Activity:
Repeat each entry in the listing word for word.

Provided data:
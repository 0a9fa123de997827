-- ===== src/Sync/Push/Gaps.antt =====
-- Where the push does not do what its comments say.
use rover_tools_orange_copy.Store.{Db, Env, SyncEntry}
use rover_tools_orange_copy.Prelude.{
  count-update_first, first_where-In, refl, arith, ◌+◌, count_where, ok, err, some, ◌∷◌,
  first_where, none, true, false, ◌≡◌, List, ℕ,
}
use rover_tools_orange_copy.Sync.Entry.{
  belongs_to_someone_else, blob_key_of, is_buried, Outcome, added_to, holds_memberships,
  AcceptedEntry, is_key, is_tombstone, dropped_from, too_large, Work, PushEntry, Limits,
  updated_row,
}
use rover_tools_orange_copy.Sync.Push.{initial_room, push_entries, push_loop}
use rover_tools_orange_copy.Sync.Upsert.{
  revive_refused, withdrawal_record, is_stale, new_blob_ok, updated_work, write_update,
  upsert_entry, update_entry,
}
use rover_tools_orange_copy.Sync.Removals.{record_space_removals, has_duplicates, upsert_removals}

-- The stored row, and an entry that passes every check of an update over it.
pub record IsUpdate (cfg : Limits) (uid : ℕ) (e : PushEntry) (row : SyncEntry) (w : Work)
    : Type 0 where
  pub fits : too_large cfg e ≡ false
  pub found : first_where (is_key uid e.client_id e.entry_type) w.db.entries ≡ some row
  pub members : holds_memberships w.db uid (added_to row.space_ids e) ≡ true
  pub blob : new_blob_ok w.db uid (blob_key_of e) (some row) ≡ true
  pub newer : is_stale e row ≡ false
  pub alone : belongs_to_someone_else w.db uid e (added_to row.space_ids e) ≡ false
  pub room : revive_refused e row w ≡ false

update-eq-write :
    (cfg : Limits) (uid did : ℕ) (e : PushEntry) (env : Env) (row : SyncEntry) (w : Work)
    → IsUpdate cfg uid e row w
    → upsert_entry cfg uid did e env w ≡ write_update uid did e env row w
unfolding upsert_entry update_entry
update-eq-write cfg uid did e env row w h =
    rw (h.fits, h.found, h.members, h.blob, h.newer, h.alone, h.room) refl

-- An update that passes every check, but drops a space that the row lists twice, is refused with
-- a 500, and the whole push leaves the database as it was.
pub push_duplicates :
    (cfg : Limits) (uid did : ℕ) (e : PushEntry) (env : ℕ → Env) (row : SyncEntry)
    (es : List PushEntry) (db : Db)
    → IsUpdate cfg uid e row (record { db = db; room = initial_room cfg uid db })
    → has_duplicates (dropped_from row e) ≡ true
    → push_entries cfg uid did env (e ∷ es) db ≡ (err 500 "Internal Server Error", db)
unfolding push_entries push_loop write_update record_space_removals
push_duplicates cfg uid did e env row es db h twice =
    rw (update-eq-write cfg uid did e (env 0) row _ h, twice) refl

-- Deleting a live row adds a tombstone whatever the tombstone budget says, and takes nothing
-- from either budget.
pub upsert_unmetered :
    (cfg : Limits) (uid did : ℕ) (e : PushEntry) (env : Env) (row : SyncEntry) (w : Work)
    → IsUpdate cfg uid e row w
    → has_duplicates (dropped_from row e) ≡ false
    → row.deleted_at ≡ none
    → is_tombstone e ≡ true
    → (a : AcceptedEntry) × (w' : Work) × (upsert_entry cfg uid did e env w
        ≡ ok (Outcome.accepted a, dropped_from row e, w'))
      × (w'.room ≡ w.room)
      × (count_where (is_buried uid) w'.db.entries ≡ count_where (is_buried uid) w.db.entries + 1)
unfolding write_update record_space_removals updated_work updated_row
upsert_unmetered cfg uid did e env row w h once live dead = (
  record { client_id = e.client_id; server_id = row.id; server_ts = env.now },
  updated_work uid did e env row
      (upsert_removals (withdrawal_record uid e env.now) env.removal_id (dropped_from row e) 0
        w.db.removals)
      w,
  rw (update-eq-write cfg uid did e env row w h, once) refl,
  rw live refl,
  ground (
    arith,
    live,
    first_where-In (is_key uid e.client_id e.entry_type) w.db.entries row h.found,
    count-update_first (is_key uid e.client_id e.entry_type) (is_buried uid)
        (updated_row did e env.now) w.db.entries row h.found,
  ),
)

Exercise output:
repository 0a9fa123de997827
-- ===== src/Sync/Push/Gaps.antt =====
-- Where the push does not do what its comments say.
use rover_tools_orange_copy.Store.{Db, Env, SyncEntry}
use rover_tools_orange_copy.Prelude.{
  count-update_first, first_where-In, refl, arith, ◌+◌, count_where, ok, err, some, ◌∷◌,
  first_where, none, true, false, ◌≡◌, List, ℕ,
}
use rover_tools_orange_copy.Sync.Entry.{
  belongs_to_someone_else, blob_key_of, is_buried, Outcome, added_to, holds_memberships,
  AcceptedEntry, is_key, is_tombstone, dropped_from, too_large, Work, PushEntry, Limits,
  updated_row,
}
use rover_tools_orange_copy.Sync.Push.{initial_room, push_entries, push_loop}
use rover_tools_orange_copy.Sync.Upsert.{
  revive_refused, withdrawal_record, is_stale, new_blob_ok, updated_work, write_update,
  upsert_entry, update_entry,
}
use rover_tools_orange_copy.Sync.Removals.{record_space_removals, has_duplicates, upsert_removals}

-- The stored row, and an entry that passes every check of an update over it.
pub record IsUpdate (cfg : Limits) (uid : ℕ) (e : PushEntry) (row : SyncEntry) (w : Work)
    : Type 0 where
  pub fits : too_large cfg e ≡ false
  pub found : first_where (is_key uid e.client_id e.entry_type) w.db.entries ≡ some row
  pub members : holds_memberships w.db uid (added_to row.space_ids e) ≡ true
  pub blob : new_blob_ok w.db uid (blob_key_of e) (some row) ≡ true
  pub newer : is_stale e row ≡ false
  pub alone : belongs_to_someone_else w.db uid e (added_to row.space_ids e) ≡ false
  pub room : revive_refused e row w ≡ false

update-eq-write :
    (cfg : Limits) (uid did : ℕ) (e : PushEntry) (env : Env) (row : SyncEntry) (w : Work)
    → IsUpdate cfg uid e row w
    → upsert_entry cfg uid did e env w ≡ write_update uid did e env row w
unfolding upsert_entry update_entry
update-eq-write cfg uid did e env row w h =
    rw (h.fits, h.found, h.members, h.blob, h.newer, h.alone, h.room) refl

-- An update that passes every check, but drops a space that the row lists twice, is refused with
-- a 500, and the whole push leaves the database as it was.
pub push_duplicates :
    (cfg : Limits) (uid did : ℕ) (e : PushEntry) (env : ℕ → Env) (row : SyncEntry)
    (es : List PushEntry) (db : Db)
    → IsUpdate cfg uid e row (record { db = db; room = initial_room cfg uid db })
    → has_duplicates (dropped_from row e) ≡ true
    → push_entries cfg uid did env (e ∷ es) db ≡ (err 500 "Internal Server Error", db)
unfolding push_entries push_loop write_update record_space_removals
push_duplicates cfg uid did e env row es db h twice =
    rw (update-eq-write cfg uid did e (env 0) row _ h, twice) refl

-- Deleting a live row adds a tombstone whatever the tombstone budget says, and takes nothing
-- from either budget.
pub upsert_unmetered :
    (cfg : Limits) (uid did : ℕ) (e : PushEntry) (env : Env) (row : SyncEntry) (w : Work)
    → IsUpdate cfg uid e row w
    → has_duplicates (dropped_from row e) ≡ false
    → row.deleted_at ≡ none
    → is_tombstone e ≡ true
    → (a : AcceptedEntry) × (w' : Work) × (upsert_entry cfg uid did e env w
        ≡ ok (Outcome.accepted a, dropped_from row e, w'))
      × (w'.room ≡ w.room)
      × (count_where (is_buried uid) w'.db.entries ≡ count_where (is_buried uid) w.db.entries + 1)
unfolding write_update record_space_removals updated_work updated_row
upsert_unmetered cfg uid did e env row w h once live dead = (
  record { client_id = e.client_id; server_id = row.id; server_ts = env.now },
  updated_work uid did e env row
      (upsert_removals (withdrawal_record uid e env.now) env.removal_id (dropped_from row e) 0
        w.db.removals)
      w,
  rw (update-eq-write cfg uid did e env row w h, once) refl,
  rw live refl,
  ground (
    arith,
    live,
    first_where-In (is_key uid e.client_id e.entry_type) w.db.entries row h.found,
    count-update_first (is_key uid e.client_id e.entry_type) (is_buried uid)
        (updated_row did e env.now) w.db.entries row h.found,
  ),
)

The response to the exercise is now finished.